**SOURCE RECORDS**
%%
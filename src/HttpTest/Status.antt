-- ===== src/HttpTest/Status.antt =====
-- The same answers as those of beast_http_server, but for the length.
use text.Mathlib.Text.{◌==◌}
use boost_learn.Base.{
  ℕ, ◌+◌, ◌≡◌, refl, sym, ap, ◌∙◌, [], Option, some, Bool, true, false, length, Bool-cases, inl,
  inr, arith,
}
use boost_learn.HttpServer.Message.{Verb, get, post, other, Request, ok, Response, Json}
use boost_learn.HttpServer.Handler.{report_error, with_count, new_response}
use boost_learn.HttpServer.Status.{status_of, counted, IsReadable, process_request_lem}
use boost_learn.HttpTest.Handler.{
  process_request, respond, create_response, create_post_response, file_not_found, accept_email,
  with_request_length,
}

-- The answer before its length is set.
record IsAnswer (count : ℕ) (q : Request) (v : Verb) (r : Response) (n : ℕ) : Type 0 where
  result : r.result ≡ status_of v q.target
  version : r.version ≡ q.version
  closing : r.keep_alive ≡ false
  tally : n ≡ count + counted v q.target

module _ (json : Json) where
  abbrev Sent : ℕ → Request → Verb → Option (Response × ℕ) → Type 0
  Sent count q v o = (r : Response) × (n : ℕ) × (o ≡ some (r, n)) × IsAnswer count q v r n

  get_sent :
      (count now : ℕ) (q : Request) (r : Response)
      → r.version ≡ q.version
      → r.keep_alive ≡ false
      → Sent count q get (respond json count now get q r)
  unfolding respond create_response file_not_found
  get_sent count now q r hv hk = elim (Bool-cases (q.target == "/count")) [
    | inl c ↦ rw c (_, _, refl, record { result = rw c; version = hv; closing = hk; tally = rw c })
    | inr nc ↦ elim (Bool-cases (q.target == "/time")) [
      | inl t ↦
          rw (nc, t)
            (
              _,
              _,
              refl,
              record {
                result = rw (nc, t);
                version = hv;
                closing = hk;
                tally = rw nc (omega arith);
              },
            )
      | inr nt ↦
          rw (nc, nt)
            (
              _,
              _,
              refl,
              record {
                result = rw (nc, nt);
                version = hv;
                closing = hk;
                tally = rw nc (omega arith);
              },
            )
    ]
  ]

  email_sent :
      (r : Response) (b : Bool) (o : Option json.Value) (email : json.Value)
      → o ≡ some email
      → (r' : Response) × (accept_email json
            (report_error json b [] r).0
            (report_error json b [] r).1
            o
          ≡ some r')
        × (r'.result ≡ r.result)
        × (r'.version ≡ r.version)
        × (r'.keep_alive ≡ r.keep_alive)
  unfolding accept_email report_error
  email_sent r true o email e = (_, ap (accept_email json [] r) e, refl, refl, refl)
  email_sent r false o email e = (
    _,
    ap (accept_email json (report_error json false [] r).0 (report_error json false [] r).1) e,
    refl,
    refl,
    refl,
  )

  create_email :
      (q : Request) (r : Response)
      → (q.target == "/email") ≡ true
      → create_post_response json q r ≡ (
          let typed = record r { content_type = some "text/json" } in
          accept_email json
            (report_error json (json.parse q.body).0 [] typed).0
            (report_error json (json.parse q.body).0 [] typed).1
            (json.member (json.parse q.body).1 "email"))
  unfolding create_post_response
  create_email q r c = rw c

  create_missing :
      (q : Request) (r : Response)
      → (q.target == "/email") ≡ false
      → create_post_response json q r ≡ some (file_not_found "File is not found\r\n" r)
  unfolding create_post_response
  create_missing q r nc = rw nc

  post_sent :
      (count now : ℕ) (q : Request) (r : Response)
      → IsReadable json post q
      → r.version ≡ q.version
      → r.keep_alive ≡ false
      → Sent count q post (respond json count now post q r)
  unfolding respond file_not_found
  post_sent count now q r h hv hk =
      let started = record r { result = ok; server = some "Beast" } in
      elim (Bool-cases (q.target == "/email")) [
        | inl c ↦
            let (email, e) = h refl c in
            let (r', made, hr, hv', hk') =
              email_sent (record started { content_type = some "text/json" }) (json.parse q.body).0
                (json.member (json.parse q.body).1 "email") email e in
            (
              r',
              count,
              ap (with_count count) (create_email q started c ∙ made),
              record {
                result = hr ∙ rw c;
                version = hv' ∙ hv;
                closing = hk' ∙ hk;
                tally = omega arith;
              },
            )
        | inr nc ↦ (
          file_not_found "File is not found\r\n" started,
          count,
          ap (with_count count) (create_missing q started nc),
          record { result = rw nc; version = hv; closing = hk; tally = omega arith },
        )
      ]

  sent :
      (count now : ℕ) (q : Request) (v : Verb) (r : Response)
      → IsReadable json v q
      → r.version ≡ q.version
      → r.keep_alive ≡ false
      → Sent count q v (respond json count now v q r)
  unfolding respond
  sent count now q get r h hv hk = get_sent count now q r hv hk
  sent count now q post r h hv hk = post_sent count now q r h hv hk
  sent count now q (other method) r h hv hk =
      (_, _, refl, record { result = refl; version = hv; closing = hk; tally = omega arith })

  -- What the two programs answer to the same request.
  record Alike (count now : ℕ) (q : Request) (r : Response) : Type 0 where
    pub mine : Response
    pub theirs : Response
    pub after : ℕ
    pub answers : process_request json count now q r ≡ some (mine, after)
    pub answers_too :
        boost_learn.HttpServer.Handler.process_request json count now q ≡ some (theirs, after)
    pub result : mine.result ≡ theirs.result
    pub version : mine.version ≡ theirs.version
    pub closing : mine.keep_alive ≡ theirs.keep_alive
    pub size_of_request : mine.content_length ≡ some (length q.body)
    pub size_of_answer : theirs.content_length ≡ some (length theirs.body)

  -- `process_request` by itself, on whatever request (a POST of /email if the member "email" of its body can be
  -- looked up), although the program only ever calls it on the empty one: whatever the
  -- response holds before, it answers with the status, the version, the end of
  -- the connection and the counter of beast_http_server. The length that it sets is that of the
  -- request's body, where the other sets the length of the answer's.
  process_request-Alike :
      (count now : ℕ) (q : Request) (r : Response)
      → IsReadable json q.method q
      → Alike count now q r
  unfolding process_request
  process_request-Alike count now q r h =
      let (mine, after, made, a) =
        sent count now q q.method (record r { version = q.version; keep_alive = false }) h refl
          refl in
      let (theirs, after', made', b) = process_request_lem json count now q h in
      let same : after' ≡ after = b.tally ∙ sym a.tally in
      record {
        mine = record mine { content_length = some (length q.body) };
        theirs = theirs;
        after = after;
        answers = ap (with_request_length q) made;
        answers_too = made' ∙ ap (λ n. some (theirs, n)) same;
        result = a.result ∙ sym b.result;
        version = a.version ∙ sym b.version;
        closing = a.closing ∙ sym b.closing;
        size_of_request = refl;
        size_of_answer = b.sized;
      }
%%
**REQUIRED WORK**
Copy out each line of the data in which the word "after" appears.

**COMPLETED EXERCISE**
    pub after : ℕ
    pub answers : process_request json count now q r ≡ some (mine, after)
        boost_learn.HttpServer.Handler.process_request json count now q ≡ some (theirs, after)
      let (mine, after, made, a) =
      let (theirs, after', made', b) = process_request_lem json count now q h in
      let same : after' ≡ after = b.tally ∙ sym a.tally in
        after = after;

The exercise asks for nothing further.